Real-World Interface

For real-world interface with the real-world robot, just pass simulation=False to the environment:

env = gym.make("PickPlaceCube-v0", simulation=False)

Environments

Currently, the following environments are available:

  • LiftCube-v0: Lift a cube.
  • PickPlaceCube-v0: Pick and place a cube.
  • PushCube-v0: Push a cube.
  • ReachCube-v0: Reach a cube.
  • StackTwoCubes-v0: Stack two cubes.

Headless Mode

To run the environment in an headless machine, make sure to set the following environment variable:

export MUJOCO_GL=osmesa
export DISPLAY=:0

Training Policies with Stable Baselines3 and RL Zoo3 - step-by-step guide

To train a reinforcement learning policy using Stable Baselines3 and RL Zoo3, you need to define a configuration file and then launch the training process.

Step 1: Define a Configuration File

Create a YAML configuration file specifying the training parameters for your environment.
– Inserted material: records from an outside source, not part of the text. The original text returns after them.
-- ===== src/Scraper/Worker.antt =====
-- scraper/worker.py: one round of a scrape worker, `ScrapeWorker.run_once`.
-- A round is the list of its calls of the coordinator, the transport and the artifact writer, with
-- what they gave. What they give is an argument, and so are the clock, the parsers, the hash of a
-- body, and the heartbeat thread, of which the round reads no more than whether it lost the lease:
-- the i-th reading may be anything. Exceptions of a call are told apart where the round does so.
pub mod Round
pub mod Protocol
pub mod Followed
mod Tests
use homez.Prelude.{
  ℕ, ◌+◌, Bool, true, false, ◌&&◌, ◌||◌, String, List, [], ◌∷◌, Option, if◌then◌else◌, ◌==◌,
}
use homez.ScrapeQueue.Contracts.{
  Portal, TaskClass, live, artifact_recovery, network_recovery, discovery_capture, ScrapeLease,
}
use homez.ScrapeQueue.Budget.Records.{NetworkPermit}
use homez.Parsers.Fields.{declared_fields}
use homez.Parsers.Results.{ParserResult, no_facts}
use homez.ScrapeQueue.Captures.{CaptureOutcome}
use homez.Scraper.DenialPolicy.{ResponseClassification, RouteDecision}
use homez.Scraper.DenialPolicy
use homez.Scraper.Transport.{FetchRequest, PageInput, CapturedPage, TransportError}

-- what a call gives
pub data Reply (A : Type 0) : Type 0 where
  raised : Reply A
  gave : A → Reply A

-- what `fetch` gives; a transport may give a page with or without the bytes transferred
pub data Capture : Type 0 where
  captured : CapturedPage → Capture
  page_only : PageInput → Capture
  refused : TransportError → Capture
  broke : Capture

-- what `complete` gives
pub data Completion : Type 0 where
  completed lost_lease failed_call : Completion

pub data Call : Type 0 where
  advertising : Call
  claiming : Reply (Option ScrapeLease) → Call
  reserving : ScrapeLease → Reply NetworkPermit → Call
  deferring : ScrapeLease → ℕ → String → Call
  fetching : FetchRequest → Capture → Call
  recording :
      ScrapeLease
      → NetworkPermit
      → ResponseClassification
      → ℕ
      → Option ℕ
      → Reply RouteDecision
      → Call
  failing : ScrapeLease → String → Call
  storing : Portal → PageInput → Option String → Call
  completing : ScrapeLease → CaptureOutcome → Completion → Call

pub record World : Type 0 where
  pub source : Portal
  pub heartbeat_seconds : ℕ
  pub stop : Bool
  pub advertised : Bool
  pub claimed : Reply (Option ScrapeLease)
  pub now : ℕ
  pub parses : String → Option (PageInput → Option ParserResult)
  pub has_parsers : Bool
  pub permit : Reply NetworkPermit
  pub fetched : Capture
  pub lost : ℕ → Bool
  pub decision : Reply RouteDecision
  pub writer : Option (Portal → PageInput → Option String)
  pub hash : List ℕ → String
  pub completion : ℕ → Completion

abbrev pub unknown_result : ScrapeLease → PageInput → String → ParserResult
unknown_result lease page variant = record {
  capture_id = page.capture_id;
  release_hash = lease.release_hash;
  variant = variant;
  candidates = [];
  missing_fields = declared_fields;
  facts = no_facts;
  fields = [];
}

abbrev pub is_capture_class : TaskClass → Bool
is_capture_class live = true
is_capture_class network_recovery = true
is_capture_class discovery_capture = true
is_capture_class artifact_recovery = false

abbrev pub is_discovery_task : TaskClass → Bool
is_discovery_task discovery_capture = true
is_discovery_task _ = false

abbrev pub has_any : List String → Bool
has_any [] = false
has_any (x ∷ xs) = true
Below is an example configuration for the ReachCube-v0 environment:

ReachCube-v0:
  n_timesteps: !!float 1e7
  policy: 'MultiInputPolicy'
  frame_stack: 3
  use_sde: True
  • n_timesteps: The number of timesteps to train the model. Here, it is set to 10 million.
  • policy: The policy type to be used. In this case, it is set to 'MultiInputPolicy'.
  • frame_stack: The number of frames to stack, which is 3 in this example.
  • use_sde: A boolean indicating whether to use State-Dependent Exploration (SDE). It is set to True.
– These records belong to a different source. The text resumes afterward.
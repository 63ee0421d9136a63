-- ===== src/Scraper/Worker/Protocol.antt =====
-- The protocol of a round of scraper/worker.py towards the coordinator.
use homez.Prelude.{
  ℕ, ◌+◌, ◌≤◌, ◌≡◌, true, false, String, List, [], ◌∷◌, Option, none, some, is_some, ok, length,
}
use homez.ScrapeQueue.Contracts.{Portal, portal_eq, ScrapeLease}
use homez.ScrapeQueue.Budget.Records.{NetworkPermit}
use homez.ScrapeQueue.Budget.Outcomes.{route_of}
use homez.Scraper.DenialPolicy.{
  RouteClass, ResponseClassification, RouteDecision, classify_response,
}
use homez.Scraper.Transport.{FetchRequest, PageInput}
use homez.ScrapeQueue.Captures.{CaptureOutcome}
use homez.Scraper.Worker.{
  Reply, gave, Capture, captured, page_only, refused, broke, Completion, failed_call, Call,
  advertising, claiming, reserving, deferring, fetching, recording, failing, storing, completing,
  is_capture_class, is_discovery_task,
}

-- how far a round is, with what it was given
pub data Phase : Type 0 where
  idle ready : Phase
  asked : Reply (Option ScrapeLease) → Phase
  reserved : ScrapeLease → Reply NetworkPermit → Phase
  fetched : ScrapeLease → NetworkPermit → Capture → Phase
  recorded : ScrapeLease → Capture → Reply RouteDecision → Phase
  stored : ScrapeLease → PageInput → Option String → Phase
  tried : ScrapeLease → CaptureOutcome → Completion → ℕ → Phase

-- the page of a capture, if it is one
abbrev pub page_of : Capture → Option PageInput
page_of (captured c) = some c.page
page_of (page_only page) = some page
page_of (refused e) = none
page_of broke = none

-- What is to be recorded of a capture: a success with its bytes for a page, the classification of
-- the evidence with its bytes and its retry delay for a refusal, and no bytes otherwise.
abbrev pub Evidences : NetworkPermit → Capture → ResponseClassification → ℕ → Option ℕ → Type 0
Evidences permit (captured c) class bytes delay =
    (class ≡ ResponseClassification.success) × (bytes ≡ c.transferred_bytes) × (delay ≡ none)
Evidences permit (page_only page) class bytes delay =
    (class ≡ ResponseClassification.success) × (bytes ≡ length page.body) × (delay ≡ none)
Evidences permit (refused e) class bytes delay =
    ((route : RouteClass) × (route_of permit.route_class ≡ ok route)
      × (class ≡ classify_response route e.evidence))
    × (bytes ≡ e.transferred_bytes)
    × (delay ≡ e.evidence.retry_after_seconds)
Evidences permit broke class bytes delay = (bytes ≡ 0) × (delay ≡ none)

-- The calls of a round from a phase on, for a worker of a portal.
pub data Follows (source : Portal) : Phase → List Call → Type 0 where
  ends : {p : Phase} → Follows source p []
  advertises :
      {calls : List Call} → Follows source ready calls → Follows source idle (advertising ∷ calls)
  claims :
      {r : Reply (Option ScrapeLease)} {calls : List Call}
      → Follows source (asked r) calls
      → Follows source ready (claiming r ∷ calls)
  reserves :
      {lease : ScrapeLease} {r : Reply NetworkPermit} {calls : List Call}
      → portal_eq lease.source source ≡ true
      → is_capture_class lease.task_class ≡ true
      → Follows source (reserved lease r) calls
      → Follows source (asked (gave (some lease))) (reserving lease r ∷ calls)
  defers :
      {lease : ScrapeLease} {permit : NetworkPermit}
      → permit.granted ≡ false
      → Follows source
          (reserved lease (gave permit))
          (deferring lease permit.available_at "budget-exhausted" ∷ [])
  fetches :
      {lease : ScrapeLease} {permit : NetworkPermit} {request : FetchRequest} {c : Capture}
      {calls : List Call}
      → permit.granted ≡ true
      → request ≡ record {
        source = source;
        canonical_url = lease.canonical_url;
        route_id = permit.route_id;
      }
      → Follows source (fetched lease permit c) calls
      → Follows source (reserved lease (gave permit)) (fetching request c ∷ calls)
  records :
      {lease : ScrapeLease} {permit : NetworkPermit} {c : Capture} {class : ResponseClassification}
      {bytes : ℕ} {delay : Option ℕ} {r : Reply RouteDecision} {calls : List Call}
      → Evidences permit c class bytes delay
      → Follows source (recorded lease c r) calls
      → Follows source (fetched lease permit c) (recording lease permit class bytes delay r ∷ calls)
  cools :
      {lease : ScrapeLease} {c : Capture} {d : RouteDecision} {until : ℕ}
      → page_of c ≡ none
      → d.retry_direct_at ≡ none
      → d.source_cooldown_until ≡ some until
      → Follows source (recorded lease c (gave d)) (deferring lease until "source-cooldown" ∷ [])
  gives_up :
      {lease : ScrapeLease} {c : Capture} {r : Reply RouteDecision}
      → page_of c ≡ none
      → Follows source (recorded lease c r) (failing lease "transport-error" ∷ [])
  stores :
      {lease : ScrapeLease} {c : Capture} {d : RouteDecision} {page : PageInput}
      {artifact : Option String} {calls : List Call}
      → page_of c ≡ some page
      → Follows source (stored lease page artifact) calls
      → Follows source (recorded lease c (gave d)) (storing source page artifact ∷ calls)
  stores_none :
      {lease : ScrapeLease} {c : Capture} {d : RouteDecision} {page : PageInput} {calls : List Call}
      → page_of c ≡ some page
      → Follows source (stored lease page none) calls
      → Follows source (recorded lease c (gave d)) calls
  discards :
      {lease : ScrapeLease} {page : PageInput}
      → is_discovery_task lease.task_class ≡ true
      → Follows source (stored lease page none) (failing lease "artifact-unavailable" ∷ [])
  completes :
      {lease : ScrapeLease} {page : PageInput} {artifact : Option String} {outcome : CaptureOutcome}
      {reply : Completion} {calls : List Call}
      → outcome.capture_id ≡ page.capture_id
      → outcome.size_bytes ≡ length page.body
      → outcome.artifact_id ≡ artifact
      → (is_discovery_task lease.task_class ≡ true → is_some artifact ≡ true)
      → Follows source (tried lease outcome reply 1) calls
      → Follows source (stored lease page artifact) (completing lease outcome reply ∷ calls)
  completes_again :
      {lease : ScrapeLease} {outcome : CaptureOutcome} {reply : Completion} {tries : ℕ}
      {calls : List Call}
      → tries ≤ 2
      → Follows source (tried lease outcome reply (tries + 1)) calls
      → Follows source
          (tried lease outcome failed_call tries)
          (completing lease outcome reply ∷ calls)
Step 2: Launch the Training Process

After defining the configuration file, you can start the training of your policy using the following command:

python -u -m rl_zoo3.train --algo tqc --env ReachCube-v0 --gym-packages gym_lowcostrobot -conf examples/rl_zoo3_conf.yaml --env-kwargs observation_mode:'"both"' -f logs
  • python -u -m rl_zoo3.train: Executes the training module from RL Zoo3.
  • --algo tqc: Specifies the algorithm to use, in this case, TQC (Truncated Quantile Critics).
  • --env ReachCube-v0: Specifies the environment to train on.
  • --gym-packages gym_lowcostrobot: Includes the necessary gym packages for your environment.
  • --conf rl_zoo3_conf.yaml: Points to the configuration file you created.
  • --env-kwargs observation_mode:'"both"': Passes additional environment-specific arguments.
  • -orga <huggingface_user>: Specifies the Hugging Face organization/user where the model will be stored.
  • -f logs: Specifies the directory where the training logs will be saved.
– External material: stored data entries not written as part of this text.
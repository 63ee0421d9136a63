-- ===== src/Scraper/Worker/Round.antt =====
-- scraper/worker.py: the calls of one round, `ScrapeWorker.run_once`.
use homez.Prelude.{
  ℕ, zero, suc, ◌+◌, Bool, true, false, not, ◌&&◌, ◌||◌, String, List, [], ◌∷◌, Option, none, some,
  is_some, Result, ok, err, length, leb, if◌then◌else◌, str_eq, ◌==◌,
}
use homez.ScrapeQueue.Contracts.{Portal, portal_eq, ScrapeLease}
use homez.ScrapeQueue.Budget.Records.{NetworkPermit}
use homez.ScrapeQueue.Budget.Outcomes.{route_of}
use homez.Scraper.DenialPolicy.{
  RouteClass, ResponseClassification, ResponseEvidence, RouteDecision, classify_response,
}
use homez.Scraper.DenialPolicy
use homez.Parsers.Results.{ParserResult}
use homez.ScrapeQueue.Captures.{CaptureOutcome}
use homez.Scraper.Worker.{
  Call, Capture, Completion, Reply, World, advertising, broke, captured, claiming, completing,
  completed, deferring, failing, failed_call, fetching, gave, has_any, is_capture_class,
  is_discovery_task, lost_lease, page_only, raised, recording, refused, reserving, storing,
  unknown_result,
}
use homez.Scraper.Transport.{FetchRequest, PageInput}

-- a call that failed is tried again; a lost lease ends the loop at its next test
abbrev pub after_completion : Completion → List Call → List Call
after_completion completed again = []
after_completion lost_lease again = []
after_completion failed_call again = again

module _ (w : World) where
  -- the loop over `complete`, with the rounds left and those done
  unfoldable pub complete_task : ℕ → ℕ → ScrapeLease → CaptureOutcome → List Call
  complete_task zero i lease outcome = []
  complete_task (suc n) i lease outcome =
      let again = complete_task n (i + 1) lease outcome in
      if w.lost (i + 1)
      then []
      else completing lease outcome (w.completion i) ∷ after_completion (w.completion i) again

  abbrev pub outcome_of : PageInput → ParserResult → Option String → CaptureOutcome
  outcome_of page result artifact = record {
    capture_id = page.capture_id;
    fetched_at = page.fetched_at;
    content_hash = w.hash page.body;
    size_bytes = length page.body;
    result = result;
    artifact_id = artifact;
  }

  abbrev pub send_outcome : ScrapeLease → PageInput → ParserResult → Option String → List Call
  send_outcome lease page result artifact =
      complete_task 3 0 lease (outcome_of page result artifact)

  -- the artifact of a discovery, without which the task fails
  abbrev pub use_artifact : ScrapeLease → PageInput → ParserResult → Option String → List Call
  use_artifact lease page result none = failing lease "artifact-unavailable" ∷ []
  use_artifact lease page result (some artifact) = send_outcome lease page result (some artifact)

  unfoldable pub store_discovery :
      ScrapeLease
      → PageInput
      → ParserResult
      → Option (Portal → PageInput → Option String)
      → List Call
  store_discovery lease page result none = failing lease "artifact-unavailable" ∷ []
  store_discovery lease page result (some put) =
      storing w.source page (put w.source page) ∷ use_artifact lease page result (put w.source page)

  -- the artifact of another task, which is optional
  unfoldable pub store_missing :
      ScrapeLease
      → PageInput
      → ParserResult
      → Option (Portal → PageInput → Option String)
      → List Call
  store_missing lease page result none = send_outcome lease page result none
  store_missing lease page result (some put) =
      if has_any result.missing_fields
      then storing w.source page (put w.source page)
        ∷ send_outcome lease page result (put w.source page)
      else send_outcome lease page result none

  abbrev pub checked_result : ScrapeLease → PageInput → Option ParserResult → ParserResult
  checked_result lease page none = unknown_result lease page "unknown-variant"
  checked_result lease page (some result) =
      if (result.capture_id == page.capture_id) && str_eq result.release_hash lease.release_hash
      then result
      else unknown_result lease page "unknown-variant"

  abbrev pub parse_page :
      ScrapeLease → PageInput → Option (PageInput → Option ParserResult) → ParserResult
  parse_page lease page none = unknown_result lease page "unknown-variant"
  parse_page lease page (some parse) = checked_result lease page (parse page)

  -- after the outcome of a success is recorded
  unfoldable pub keep_page : ScrapeLease → PageInput → Reply RouteDecision → List Call
  keep_page lease page raised = []
  keep_page lease page (gave d) =
      if is_discovery_task lease.task_class
      then store_discovery lease page (unknown_result lease page "discovery-capture") w.writer
      else store_missing lease page (parse_page lease page (w.parses lease.release_hash)) w.writer

  unfoldable pub record_page : ScrapeLease → NetworkPermit → PageInput → ℕ → List Call
  record_page lease permit page transferred =
      if w.lost 0
      then []
      else recording lease permit ResponseClassification.success transferred none w.decision
        ∷ keep_page lease page w.decision

  abbrev pub cool_down : ScrapeLease → Option ℕ → List Call
  cool_down lease none = failing lease "transport-error" ∷ []
  cool_down lease (some until) = deferring lease until "source-cooldown" ∷ []

  -- after the outcome of a refusal is recorded
  unfoldable pub give_back : ScrapeLease → Reply RouteDecision → List Call
  give_back lease raised = []
  give_back lease (gave d) =
      if is_some d.retry_direct_at then [] else cool_down lease d.source_cooldown_until

  abbrev pub no_response : ResponseEvidence
  no_response = record {
    status_code = none;
    failure = some DenialPolicy.FailureEvidence.transport_failure;
    portal_responded = false;
    retry_after_seconds = none;
    challenge = false;
  }

  unfoldable pub after_fetch : ScrapeLease → NetworkPermit → RouteClass → Capture → List Call
  after_fetch lease permit route (captured c) = record_page lease permit c.page c.transferred_bytes
  after_fetch lease permit route (page_only page) = record_page lease permit page (length page.body)
  after_fetch lease permit route (refused e) =
      if w.lost 0
      then []
      else recording lease permit (classify_response route e.evidence) e.transferred_bytes
          e.evidence.retry_after_seconds w.decision
        ∷ give_back lease w.decision
  after_fetch lease permit route broke =
      if w.lost 0
      then []
      else recording lease permit (classify_response route no_response) 0 none w.decision
        ∷ failing lease "transport-error"
        ∷ []

  abbrev pub request_of : ScrapeLease → NetworkPermit → FetchRequest
  request_of lease permit = record {
    source = w.source;
    canonical_url = lease.canonical_url;
    route_id = permit.route_id;
  }

  unfoldable pub use_route : ScrapeLease → NetworkPermit → Result RouteClass → List Call
  use_route lease permit (err e) = []
  use_route lease permit (ok route) =
      fetching (request_of lease permit) w.fetched ∷ after_fetch lease permit route w.fetched

  unfoldable pub after_permit : ScrapeLease → Reply NetworkPermit → List Call
  after_permit lease raised = []
  after_permit lease (gave permit) =
      if not permit.granted
      then deferring lease permit.available_at "budget-exhausted" ∷ []
      else use_route lease permit (route_of permit.route_class)

  unfoldable pub is_unfit : ScrapeLease → Bool
  is_unfit lease =
      leb lease.lease_expires_at (w.now + w.heartbeat_seconds)
      || not (portal_eq lease.source w.source)
      || not (is_some (w.parses lease.release_hash))
      || not (is_capture_class lease.task_class)

  unfoldable pub take_lease : Reply (Option ScrapeLease) → Option Bool × List Call
  take_lease raised = (none, [])
  take_lease (gave none) = (some false, [])
  take_lease (gave (some lease)) =
      if is_unfit lease
      then (some true, [])
      else (some true, reserving lease w.permit ∷ after_permit lease w.permit)

  -- `run_once`: nothing where it raises, and its calls
  unfoldable pub run_round : Option Bool × List Call
  run_round =
      if w.stop
      then (some false, [])
      else if not w.advertised
      then (none, advertising ∷ [])
      else if not w.has_parsers
      then (some false, advertising ∷ [])
      else ((take_lease w.claimed).0, advertising ∷ claiming w.claimed ∷ (take_lease w.claimed).1)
For more detailed information on the available options and configurations, refer to the RL Zoo3 documentation.

Contributing

We welcome contributions to the project! Please follow these general guidelines:

  1. Fork the repository.
  2. Create a new branch for your feature or bug fix.
  3. Commit your changes with clear messages.
  4. Push your branch to your fork.
  5. Create a pull request with a description of your changes.

Format your code with Ruff

ruff format gym_lowcostrobot examples tests setup.py --line-length 127

and test your changes with pytest:

pytest

For significant changes, please open an issue first to discuss what you would like to change.

Currently, our todo list is:

  • Load and replay one LeRobotDataset in simulation
  • Implement inverse kinematics in each environment, improvements remain very welcome

Training:

  • Train policies with SB3
  • Provide reward shaping functions, get inspired from meta-world

Real-world:

  • Implement controller interface for simulation, like lowcostrobot-leader
  • Implement the real-world interface, seemless interface with real-world observations, motor

Simulation:

  • Parameter identification
  • Mesh simplification; dissociate visual and collision meshes?

License

This project is licensed under the Apache 2.0 License - see the LICENSE file for details.